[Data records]
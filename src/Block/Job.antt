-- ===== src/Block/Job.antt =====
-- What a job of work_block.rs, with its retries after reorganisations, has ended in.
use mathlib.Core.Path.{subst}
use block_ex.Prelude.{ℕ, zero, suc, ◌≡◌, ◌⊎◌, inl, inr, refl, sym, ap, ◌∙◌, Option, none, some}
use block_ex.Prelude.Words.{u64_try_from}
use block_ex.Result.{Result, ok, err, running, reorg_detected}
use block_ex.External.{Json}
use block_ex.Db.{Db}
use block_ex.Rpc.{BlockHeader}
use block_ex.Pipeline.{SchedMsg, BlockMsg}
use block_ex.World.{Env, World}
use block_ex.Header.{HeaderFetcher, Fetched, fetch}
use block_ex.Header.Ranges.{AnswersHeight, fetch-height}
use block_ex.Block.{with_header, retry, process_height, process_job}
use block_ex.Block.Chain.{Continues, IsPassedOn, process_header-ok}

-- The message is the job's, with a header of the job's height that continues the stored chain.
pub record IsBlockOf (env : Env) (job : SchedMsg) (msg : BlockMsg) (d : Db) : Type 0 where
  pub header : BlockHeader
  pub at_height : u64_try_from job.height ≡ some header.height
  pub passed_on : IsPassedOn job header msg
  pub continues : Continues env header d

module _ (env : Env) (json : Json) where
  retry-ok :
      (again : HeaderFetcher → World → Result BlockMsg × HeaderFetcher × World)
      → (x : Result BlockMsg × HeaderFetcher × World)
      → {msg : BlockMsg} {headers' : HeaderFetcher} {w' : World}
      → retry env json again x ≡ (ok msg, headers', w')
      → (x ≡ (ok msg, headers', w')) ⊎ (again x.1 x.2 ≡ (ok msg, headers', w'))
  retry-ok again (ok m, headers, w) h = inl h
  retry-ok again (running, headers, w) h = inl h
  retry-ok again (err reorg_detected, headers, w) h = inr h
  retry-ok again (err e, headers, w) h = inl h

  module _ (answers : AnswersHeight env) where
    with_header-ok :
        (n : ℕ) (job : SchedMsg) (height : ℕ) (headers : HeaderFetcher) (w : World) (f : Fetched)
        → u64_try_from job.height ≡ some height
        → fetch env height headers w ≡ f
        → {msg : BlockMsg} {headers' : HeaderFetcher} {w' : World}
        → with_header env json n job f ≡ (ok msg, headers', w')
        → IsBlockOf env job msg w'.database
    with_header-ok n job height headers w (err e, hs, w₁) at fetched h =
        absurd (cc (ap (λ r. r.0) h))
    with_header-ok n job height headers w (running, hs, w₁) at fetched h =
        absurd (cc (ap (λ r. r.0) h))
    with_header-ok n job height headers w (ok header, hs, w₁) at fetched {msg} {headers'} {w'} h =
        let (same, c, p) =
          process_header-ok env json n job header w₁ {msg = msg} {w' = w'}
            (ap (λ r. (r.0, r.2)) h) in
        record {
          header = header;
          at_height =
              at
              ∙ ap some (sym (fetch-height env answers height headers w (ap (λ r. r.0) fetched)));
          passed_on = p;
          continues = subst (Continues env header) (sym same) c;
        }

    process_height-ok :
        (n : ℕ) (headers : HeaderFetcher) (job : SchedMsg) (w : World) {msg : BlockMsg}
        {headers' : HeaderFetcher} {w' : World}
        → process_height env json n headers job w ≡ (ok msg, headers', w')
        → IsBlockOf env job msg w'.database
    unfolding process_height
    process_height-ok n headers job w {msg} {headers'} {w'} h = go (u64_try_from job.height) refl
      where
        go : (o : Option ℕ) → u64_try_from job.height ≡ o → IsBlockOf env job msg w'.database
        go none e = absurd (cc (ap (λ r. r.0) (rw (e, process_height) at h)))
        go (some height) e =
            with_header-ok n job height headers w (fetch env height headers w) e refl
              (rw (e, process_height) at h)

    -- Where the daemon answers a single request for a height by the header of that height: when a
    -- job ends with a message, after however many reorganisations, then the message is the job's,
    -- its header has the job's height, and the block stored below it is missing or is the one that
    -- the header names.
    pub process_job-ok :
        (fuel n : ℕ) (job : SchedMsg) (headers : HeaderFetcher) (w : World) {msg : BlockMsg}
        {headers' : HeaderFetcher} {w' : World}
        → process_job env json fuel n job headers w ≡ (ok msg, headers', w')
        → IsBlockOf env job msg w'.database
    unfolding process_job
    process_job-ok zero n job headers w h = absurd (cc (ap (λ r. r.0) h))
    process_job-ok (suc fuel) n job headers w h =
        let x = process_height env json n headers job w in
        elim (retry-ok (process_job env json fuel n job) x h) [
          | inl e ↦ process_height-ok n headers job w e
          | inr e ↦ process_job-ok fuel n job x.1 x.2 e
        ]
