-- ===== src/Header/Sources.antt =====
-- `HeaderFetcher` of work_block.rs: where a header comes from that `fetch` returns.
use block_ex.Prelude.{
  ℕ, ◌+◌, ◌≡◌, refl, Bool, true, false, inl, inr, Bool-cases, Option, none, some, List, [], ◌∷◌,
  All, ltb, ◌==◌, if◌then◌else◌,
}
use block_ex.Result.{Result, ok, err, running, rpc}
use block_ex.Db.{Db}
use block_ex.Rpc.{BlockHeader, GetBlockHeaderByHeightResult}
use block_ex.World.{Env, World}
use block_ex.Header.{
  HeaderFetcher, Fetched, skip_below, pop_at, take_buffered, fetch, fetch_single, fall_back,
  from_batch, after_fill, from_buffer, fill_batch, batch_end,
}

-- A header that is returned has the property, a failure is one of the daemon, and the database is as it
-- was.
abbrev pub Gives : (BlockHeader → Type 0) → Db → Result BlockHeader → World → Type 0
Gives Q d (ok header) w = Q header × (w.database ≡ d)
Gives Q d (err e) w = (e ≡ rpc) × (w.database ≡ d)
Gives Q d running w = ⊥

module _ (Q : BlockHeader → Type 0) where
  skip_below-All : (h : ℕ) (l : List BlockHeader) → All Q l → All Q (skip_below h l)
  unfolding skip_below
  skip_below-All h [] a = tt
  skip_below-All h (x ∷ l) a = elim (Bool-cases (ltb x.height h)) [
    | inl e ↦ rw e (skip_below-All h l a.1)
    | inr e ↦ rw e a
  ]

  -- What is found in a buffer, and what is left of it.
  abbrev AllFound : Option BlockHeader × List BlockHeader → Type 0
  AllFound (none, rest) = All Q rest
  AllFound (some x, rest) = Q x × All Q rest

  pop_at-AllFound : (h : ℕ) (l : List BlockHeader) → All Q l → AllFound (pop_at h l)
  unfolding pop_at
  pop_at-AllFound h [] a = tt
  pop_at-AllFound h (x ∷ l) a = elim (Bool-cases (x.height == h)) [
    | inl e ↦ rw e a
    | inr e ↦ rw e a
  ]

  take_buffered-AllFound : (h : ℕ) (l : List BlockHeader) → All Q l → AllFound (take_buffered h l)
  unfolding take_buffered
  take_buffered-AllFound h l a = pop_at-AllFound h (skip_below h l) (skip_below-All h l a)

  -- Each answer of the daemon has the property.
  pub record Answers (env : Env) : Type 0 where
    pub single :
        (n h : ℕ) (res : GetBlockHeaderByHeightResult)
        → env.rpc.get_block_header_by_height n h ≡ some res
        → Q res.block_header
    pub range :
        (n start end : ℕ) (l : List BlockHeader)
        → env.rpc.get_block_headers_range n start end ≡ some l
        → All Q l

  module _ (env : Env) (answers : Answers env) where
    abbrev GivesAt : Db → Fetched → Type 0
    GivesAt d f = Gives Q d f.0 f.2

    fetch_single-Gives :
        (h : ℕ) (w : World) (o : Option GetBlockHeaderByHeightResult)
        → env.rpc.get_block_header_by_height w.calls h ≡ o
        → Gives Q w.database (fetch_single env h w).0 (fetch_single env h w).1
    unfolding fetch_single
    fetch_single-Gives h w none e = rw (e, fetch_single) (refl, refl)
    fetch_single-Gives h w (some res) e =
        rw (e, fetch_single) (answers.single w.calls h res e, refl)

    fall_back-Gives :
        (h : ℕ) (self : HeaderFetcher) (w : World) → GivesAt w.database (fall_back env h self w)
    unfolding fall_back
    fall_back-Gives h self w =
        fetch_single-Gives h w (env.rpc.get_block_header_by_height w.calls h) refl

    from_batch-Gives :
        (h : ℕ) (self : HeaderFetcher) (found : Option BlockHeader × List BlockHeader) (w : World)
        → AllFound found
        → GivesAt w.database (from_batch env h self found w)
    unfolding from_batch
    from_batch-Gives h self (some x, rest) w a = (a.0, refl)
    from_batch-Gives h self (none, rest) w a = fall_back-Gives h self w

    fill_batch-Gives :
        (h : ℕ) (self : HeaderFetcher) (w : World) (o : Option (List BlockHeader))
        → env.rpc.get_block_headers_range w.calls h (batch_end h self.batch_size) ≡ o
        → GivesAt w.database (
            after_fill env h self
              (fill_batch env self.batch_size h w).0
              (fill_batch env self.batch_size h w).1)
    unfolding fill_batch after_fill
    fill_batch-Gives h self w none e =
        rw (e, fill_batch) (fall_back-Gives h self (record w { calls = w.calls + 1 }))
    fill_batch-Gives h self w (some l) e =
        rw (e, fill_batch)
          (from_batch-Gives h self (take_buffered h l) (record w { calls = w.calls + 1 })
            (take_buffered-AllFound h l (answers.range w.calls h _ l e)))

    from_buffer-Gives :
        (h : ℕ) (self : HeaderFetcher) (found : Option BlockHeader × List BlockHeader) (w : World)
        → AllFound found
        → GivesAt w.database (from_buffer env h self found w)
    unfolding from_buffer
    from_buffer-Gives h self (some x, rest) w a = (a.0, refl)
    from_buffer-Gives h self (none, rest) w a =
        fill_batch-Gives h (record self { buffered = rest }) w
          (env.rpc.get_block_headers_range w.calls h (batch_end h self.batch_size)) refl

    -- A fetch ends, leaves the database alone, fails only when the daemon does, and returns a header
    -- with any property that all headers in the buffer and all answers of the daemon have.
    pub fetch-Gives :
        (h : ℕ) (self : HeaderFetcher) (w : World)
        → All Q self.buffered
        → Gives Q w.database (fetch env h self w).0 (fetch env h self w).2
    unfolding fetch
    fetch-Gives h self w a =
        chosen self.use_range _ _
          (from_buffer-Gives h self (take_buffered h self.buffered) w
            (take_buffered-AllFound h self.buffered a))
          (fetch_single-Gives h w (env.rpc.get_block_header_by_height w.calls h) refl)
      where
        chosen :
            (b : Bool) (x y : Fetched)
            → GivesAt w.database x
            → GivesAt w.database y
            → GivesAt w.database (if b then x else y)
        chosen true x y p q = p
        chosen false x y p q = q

- _WORK INSTRUCTION_:
All lines from the line holding "(from_buffer env h self found w)" through the end of the records above need to be transcribed exactly, and no other text should appear.

- _WRITTEN ANSWER_:
        → GivesAt w.database (from_buffer env h self found w)
    unfolding from_buffer
    from_buffer-Gives h self (some x, rest) w a = (a.0, refl)
    from_buffer-Gives h self (none, rest) w a =
        fill_batch-Gives h (record self { buffered = rest }) w
          (env.rpc.get_block_headers_range w.calls h (batch_end h self.batch_size)) refl

    -- A fetch ends, leaves the database alone, fails only when the daemon does, and returns a header
    -- with any property that all headers in the buffer and all answers of the daemon have.
    pub fetch-Gives :
        (h : ℕ) (self : HeaderFetcher) (w : World)
        → All Q self.buffered
        → Gives Q w.database (fetch env h self w).0 (fetch env h self w).2
    unfolding fetch
    fetch-Gives h self w a =
        chosen self.use_range _ _
          (from_buffer-Gives h self (take_buffered h self.buffered) w
            (take_buffered-AllFound h self.buffered a))
          (fetch_single-Gives h w (env.rpc.get_block_header_by_height w.calls h) refl)
      where
        chosen :
            (b : Bool) (x y : Fetched)
            → GivesAt w.database x
            → GivesAt w.database y
            → GivesAt w.database (if b then x else y)
        chosen true x y p q = p
        chosen false x y p q = q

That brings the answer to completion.